Visible light to the second near-infrared light-harvesting donor–acceptor1–donor–acceptor2-type terpolymers for boosted photocatalytic hydrogen evolution via dual-sulfone-acceptor engineering

Developing visible to near-infrared light-absorbing conjugated polymer photocatalysts is crucial for enhancing solar energy utilization efficiency, as most conjugated organic polymers only absorb light in the visible range.
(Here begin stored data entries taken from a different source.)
-- ===== src/Stealing/Plain.antt =====
-- core/src/common/work_steal.rs: queues without priorities. Methods are single steps: other threads act
-- between them. The random start of a theft is given. The test that a queue does not steal from itself
-- compares the addresses of two variables, never equal, and is left out. A worker's `spare_capacity` is
-- what its items leave of its capacity.
pub mod Counts
pub mod Pops
pub mod Finds
pub mod Runs
pub mod Counted
pub mod Popping
mod Examples
use open_coroutine.Prelude.{
  ℕ, zero, suc, ◌+◌, ◌-◌, ◌/◌, ◌%◌, ◌<◌, min, Bool, false, Option, none, some, List, [], ◌∷◌, leb,
  ◌==◌, if◌then◌else◌, length, get_elem?,
}
use open_coroutine.Time.{u64_max, saturating_add}
use open_coroutine.Stealing.Parts.{Workers, Injectors}
use open_coroutine.Stealing.Ordered.{set_elem, get_or}

pub record WorkStealQueue (I W : Type 0) : Type 0 where
  pub shared_queue : I
  pub len : ℕ
  pub local_queues : List W
  pub index : ℕ

-- Its `queue` is the worker at the index `slot` of `local_queues`.
pub record LocalQueue : Type 0 where
  pub tick : ℕ
  pub stealing : Bool
  pub slot : ℕ

module _ {T W I : Type 0} (𝓦 : Workers W T) (𝓘 : Injectors I T) where
  unfoldable pub new : ℕ → ℕ → WorkStealQueue I W
  new local_queues_size local_capacity = record {
    shared_queue = 𝓘.new;
    len = 0;
    local_queues = workers local_queues_size;
    index = 0;
  }
    where
      workers : ℕ → List W
      workers zero = []
      workers (suc n) = 𝓦.new local_capacity ∷ workers n

  -- `fetch_add` wraps, and the index is taken modulo the number of queues.
  unfoldable pub local_queue : WorkStealQueue I W → LocalQueue × WorkStealQueue I W
  local_queue s = (
    record { tick = 0; stealing = false; slot = s.index % length s.local_queues },
    record s { index = (if s.index == u64_max then 0 else s.index + 1) },
  )

  -- `WorkStealQueue::push` and `WorkStealQueue::pop`
  unfoldable pub shared_push : T → WorkStealQueue I W → WorkStealQueue I W
  shared_push item s = record s {
    shared_queue = 𝓘.push item s.shared_queue;
    len = saturating_add s.len 1;
  }

  unfoldable pub shared_pop : WorkStealQueue I W → Option T × WorkStealQueue I W
  shared_pop s =
      let found = elim (𝓘.steal s.shared_queue) as (λ _. Option T × WorkStealQueue I W) [
        | none ↦ (none, s)
        | some (item, i) ↦ (some item, record s { shared_queue = i; len = s.len - 1 })
      ] in
      if s.len == 0 then (none, s) else found

  abbrev pub own : LocalQueue → WorkStealQueue I W → W
  own l s = get_or (𝓦.new 0) (get_elem? s.local_queues l.slot)

  abbrev pub set_own : LocalQueue → W → WorkStealQueue I W → WorkStealQueue I W
  set_own l w s = record s { local_queues = set_elem l.slot w s.local_queues }

  abbrev pub spare_capacity : W → ℕ
  spare_capacity w = 𝓦.capacity w - length (𝓦.items w)

  abbrev pub local_len : W → ℕ
  local_len w = 𝓦.capacity w - spare_capacity w

  abbrev pub max_steal : W → ℕ
  max_steal w = saturating_add (𝓦.capacity w) 1 / 2 - local_len w

  abbrev pub can_steal : W → Bool
  can_steal w = leb (saturating_add (𝓦.capacity w) 1 / 2) (spare_capacity w)

  -- The loop of `LocalQueue::push`, that moves elements of the own queue `w` to the shared one.
  unfoldable pub push_half : ℕ → W → WorkStealQueue I W → W × WorkStealQueue I W
  unfolding shared_push
  push_half zero w s = (w, s)
  push_half (suc n) w s = elim (𝓦.pop w) [
    | none ↦ push_half n w s
    | some (item, w') ↦ push_half n w' (shared_push item s)
  ]

  unfoldable pub local_push : T → LocalQueue → WorkStealQueue I W → WorkStealQueue I W
  unfolding push_half shared_push
  local_push item l s =
      let w = own l s in
      elim (𝓦.push item w) [
        | some w' ↦ set_own l w' s
        | none ↦
            let (w', s') = push_half (local_len w / 2) w s in shared_push item (set_own l w' s')
      ]

  -- What is asked for of the `n` elements of `another`.
  abbrev pub share : W → W → ℕ → ℕ
  share w another n = min (min n (max_steal w)) (saturating_add (local_len another) 1 / 2)

  -- The loop over the local queues, from the one at `i` on; `none`: nothing was stolen.
  unfoldable pub rob_all : ℕ → ℕ → LocalQueue → WorkStealQueue I W → Option (WorkStealQueue I W)
  rob_all zero i l s = none
  rob_all (suc n) i l s =
      let j = i % length s.local_queues in
      let another = get_or (𝓦.new 0) (get_elem? s.local_queues j) in
      let rest = rob_all n (i + 1) l s in
      let stolen =
        elim (𝓦.steal (share (own l s) another) another (own l s))
          as (λ _. Option (WorkStealQueue I W)) [
            | none ↦ rest
            | some (v, w) ↦
                some (set_own l w (record s { local_queues = set_elem j v s.local_queues }))
          ] in
      if can_steal (own l s) then elim (𝓦.items another) [ [] ↦ rest | x ∷ xs ↦ stolen ] else none

  -- `tick` adds one and wraps.
  abbrev next_tick : ℕ → ℕ
  next_tick t = (t + 1) % 4294967296

  unfoldable pub pop_own : LocalQueue → WorkStealQueue I W → Option T × WorkStealQueue I W
  pop_own l s = elim (𝓦.pop (own l s)) as (λ _. Option T × WorkStealQueue I W) [
    | none ↦ (none, s)
    | some (item, w) ↦ (some item, set_own l w s)
  ]

  -- What follows where the own queue is empty: the theft, if `stealing` is not set, and the shared
  -- queue.
  unfoldable pub pop_elsewhere : ℕ → LocalQueue → WorkStealQueue I W → Option T × WorkStealQueue I W
  unfolding rob_all shared_pop pop_own
  pop_elsewhere start l s =
      let robbed =
        elim (rob_all (length s.local_queues) start l s) as (λ _. Option T × WorkStealQueue I W) [
          | none ↦ shared_pop s
          | some s' ↦ pop_own l s'
        ] in
      if l.stealing then shared_pop s else robbed

  abbrev or_else :
      Option T × WorkStealQueue I W
      → (WorkStealQueue I W → Option T × WorkStealQueue I W)
      → Option T × WorkStealQueue I W
  or_else (none, s) next = next s
  or_else (some x, s) next = (some x, s)

  -- `LocalQueue::pop`; `start` is the random number. Of the local queue, only the tick changes.
  unfoldable pub local_pop :
      ℕ → LocalQueue → WorkStealQueue I W → (Option T × WorkStealQueue I W) × LocalQueue
  unfolding shared_pop pop_own pop_elsewhere
  local_pop start l s =
      let l' = record l { tick = next_tick l.tick } in
      let first = if l'.tick % 61 == 0 then shared_pop s else (none, s) in
      (or_else first (λ s1. or_else (pop_own l' s1) (pop_elsewhere start l')), l')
In this work, we firstly developed a novel thiophene S,S-dioxide (TDO) monomer with the stronger electron-withdrawing character, and then prepared a series of donor–acceptor1–donor–acceptor2-type (D–A1–D–A2-type) conjugated terpolymers (THTDB-1–THTDB-5) by statistically adjusting the molar ratio of two sulfone-based acceptor monomers, dibenzothiophene-S,S-dioxide (BTDO, A1) and TDO (A2). These terpolymers demonstrate a gradually expanding absorption range from visible light to the second near-infrared (Vis-to-NIR-II) region with the gradual increase of the TDO contents in the polymer skeleton, showcasing excellent absorption properties and efficient light-capturing capabilities. The optimized D–A1–D–A2 polymer photocatalyst THTDB-4 exhibits a high hydrogen evolution rate of 21.27 mmol g–1 h−1 under visible light without any co-catalyst. The dual-sulfone-acceptor engineering offers a viable approach for developing efficient the longer Vis-to-NIR-II light-harvesting polymer photocatalysts.